NEW AUTHORITY: Classifies soil carbon sequestration as “Critical Infrastructure for Climate Adaptation” under existing Infrastructure Investment and Jobs Act (2021), unlocking $8B in unallocated adaptation funding.
IMPLEMENTATION TIMELINE:
- Year 1 (2025): Legislative passage, USDA rule-making, farmer enrollment outreach
- Year 2 (2026): 50,000 farms enrolled (15 million acres in transition)
- Year 3 (2027): 150,000 farms enrolled (45 million acres), first cohort reaching profitability
- Year 5 (2029): 400,000 farms enrolled (120 million acres), soil carbon market operational
- Year 8 (2033): 1 million farms enrolled (300 million acres, 30% of US farmland)
KEY PROVISIONS:
Section 1: Transition Risk Insurance Program
- Administered through existing Federal Crop Insurance Corporation (FCIC)
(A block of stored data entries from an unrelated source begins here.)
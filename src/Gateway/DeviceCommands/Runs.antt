-- ===== src/Gateway/DeviceCommands/Runs.antt =====
-- What holds of the commands of a device in every state that can be reached.
use resfit.Prelude.{
  ℕ, ◌+◌, ◌≡◌, refl, sym, ap, ◌∙◌, subst, Bool, true, false, not, ◌||◌, List, [], ◌∷◌, ◌++◌,
  append_assoc, if◌then◌else◌, ◌==◌, Exec, ok,
}
use resfit.Gateway.State.{AtlasCoapResponse}
use resfit.Gateway.DeviceCommands.{
  AtlasCommandDevice, CommandQueue, push_command, device_cmd_resp_callback, add_recv_device_command,
  handle_command_done_ack, ack_front, response_command_done,
}
use resfit.Gateway.DeviceCommands.Order.{
  numbers, numbers-append, history, Waiting, Waiting-append, Ordered, Each, push-Ordered,
  callback-Ordered, response-Ordered,
}

-- The lists of a device, with the numbers of the commands that have arrived and of those that the
-- cloud has acknowledged as done.
pub record Run : Type 0 where
  pub queue : CommandQueue
  pub acked : List ℕ
  pub accepted : List ℕ

abbrev taken : (number : ℕ) → (deleted : Bool) → List AtlasCommandDevice → List ℕ → List ℕ
taken number deleted [] acked = acked
taken number deleted (c ∷ cs) acked =
    if not (c.sequence_number == number) || not deleted
    then acked
    else acked ++ c.sequence_number ∷ []

-- What can happen next: a command arrives, the device registers or expires, the first command is
-- pushed, a request is answered, and the cloud acknowledges a command as done.
pub data Step (r : Run) : Run → Type 0 where
  accepts :
      (c : AtlasCommandDevice)
      → c.in_progress ≡ false
      → Step r (record r {
        queue = add_recv_device_command c r.queue;
        accepted = r.accepted ++ c.sequence_number ∷ [];
      })
  registers : (on : Bool) → Step r (record r { queue = record r.queue { registered = on } })
  pushes :
      (sends : Bool) (q : CommandQueue)
      → push_command sends r.queue ≡ ok q
      → Step r (record r { queue = q })
  answers :
      (status : AtlasCoapResponse) (marked sends : Bool) (n : ℕ) (q : CommandQueue)
      → r.queue.pending ≡ n + 1
      → device_cmd_resp_callback status marked sends (record r.queue { pending = n }) ≡ ok q
      → Step r (record r { queue = q })
  acknowledges :
      (number : ℕ) (deleted : Bool) (q : CommandQueue)
      → handle_command_done_ack number deleted r.queue ≡ ok q
      → Step r (record r { queue = q; acked = taken number deleted r.queue.exec_cmds r.acked })

pub data Reach (r : Run) : Run → Type 0 where
  here : Reach r r
  then_step : (s t : Run) → Reach r s → Step s t → Reach r t

-- The lists keep the order of the commands, and at most one request is waited for.
abbrev pub InOrder : Run → Type 0
InOrder r = Ordered r.acked r.accepted r.queue

outcome :
    (P : CommandQueue → Type 0) (m : Exec CommandQueue) (q : CommandQueue)
    → m ≡ ok q
    → Each P m
    → P q
unfolding Each
outcome P m q e h = subst (Each P) e h

ack_when :
    (keeps : Bool) (acked accepted : List ℕ) (q : CommandQueue) (c : AtlasCommandDevice)
    (cs : List AtlasCommandDevice)
    → q.exec_cmds ≡ c ∷ cs
    → Ordered acked accepted q
    → Each
        (Ordered (if keeps then acked else acked ++ c.sequence_number ∷ []) accepted)
        (if keeps then ok q else response_command_done (record q { exec_cmds = cs }) cs)
unfolding Each
ack_when true acked accepted q c cs e o = o
ack_when false acked accepted q c cs e o =
    response-Ordered (acked ++ c.sequence_number ∷ []) accepted (record q { exec_cmds = cs }) cs
      (record {
        waiting = o.waiting;
        order =
            append_assoc acked (c.sequence_number ∷ []) (numbers cs ++ numbers q.recv_cmds)
            ∙ ap (λ es. history acked es q.recv_cmds) (sym e)
            ∙ o.order;
      })

ack-Ordered :
    (number : ℕ) (deleted : Bool) (acked accepted : List ℕ) (q : CommandQueue)
    (es : List AtlasCommandDevice)
    → q.exec_cmds ≡ es
    → Ordered acked accepted q
    → Each (Ordered (taken number deleted es acked) accepted) (ack_front number deleted q es)
unfolding Each
ack-Ordered number deleted acked accepted q [] e o = o
ack-Ordered number deleted acked accepted q (c ∷ cs) e o =
    ack_when (not (c.sequence_number == number) || not deleted) acked accepted q c cs e o

Step-InOrder : (r s : Run) → InOrder r → Step r s → InOrder s
unfolding handle_command_done_ack device_cmd_resp_callback
Step-InOrder r s o (accepts c new) = record {
  waiting = Waiting-append r.queue.pending r.queue.recv_cmds c o.waiting new;
  order =
      let n : List ℕ = c.sequence_number ∷ [] in
      let es : List ℕ = numbers r.queue.exec_cmds in
      let rs : List ℕ = numbers r.queue.recv_cmds in
      ap (λ l. r.acked ++ (es ++ l)) (numbers-append r.queue.recv_cmds (c ∷ []))
      ∙ ap (λ l. r.acked ++ l) (sym (append_assoc es rs n))
      ∙ sym (append_assoc r.acked (es ++ rs) n)
      ∙ ap (λ l. l ++ n) o.order;
}
Step-InOrder r s o (registers on) = record { waiting = o.waiting; order = o.order }
Step-InOrder r _ o (pushes sends q e) =
    outcome _ _ q e (push-Ordered r.acked r.accepted sends r.queue o)
Step-InOrder r _ o (answers status marked sends n q p e) =
    outcome _ _ q e
      (callback-Ordered r.acked r.accepted status marked sends r.queue n r.queue.recv_cmds refl p o)
Step-InOrder r _ o (acknowledges number deleted q e) =
    outcome _ _ q e (ack-Ordered number deleted r.acked r.accepted r.queue r.queue.exec_cmds refl o)

-- A device without commands.
abbrev pub no_commands : Bool → CommandQueue
no_commands on = record {
  registered = on;
  recv_cmds = [];
  exec_cmds = [];
  device_cmd_timeouts = 0;
  pending = 0;
  sent = [];
  done = [];
}

abbrev pub new_run : Bool → Run
new_run on = record { queue = no_commands on; acked = []; accepted = [] }

-- From a device without commands, whatever arrives, registers, expires, is pushed, is answered or is
-- acknowledged, in any order, in every state that is reached without undefined behaviour: the numbers that the cloud has acknowledged, then those of the executed
-- and then of the received commands are the numbers of all commands in the order of their arrival,
-- so that none is lost, doubled or overtaken; at most one request waits for an answer, and then it is
-- that of the first command.
pub Reach-InOrder : (on : Bool) (r : Run) → Reach (new_run on) r → InOrder r
unfolding Waiting
Reach-InOrder on r here = record { waiting = refl; order = refl }
Reach-InOrder on _ (then_step s t reach step) = Step-InOrder s t (Reach-InOrder on s reach) step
- Triggers: Yield drops >10% below 3-year conventional baseline during Years 1-3
- Caps: Maximum $250,000/year per farm (sufficient for 95% of operations)
- Verification: Annual soil health testing (organic matter %, aggregate stability, infiltration rate)
- Graduation: Farms reaching profitability by Year 4 exit program, freeing funds for new entrants
Section 2: Input Independence Incentives
- Bonus Payments: $50/acre/year for farms achieving 75%+ reduction in synthetic nitrogen (verified via receipts)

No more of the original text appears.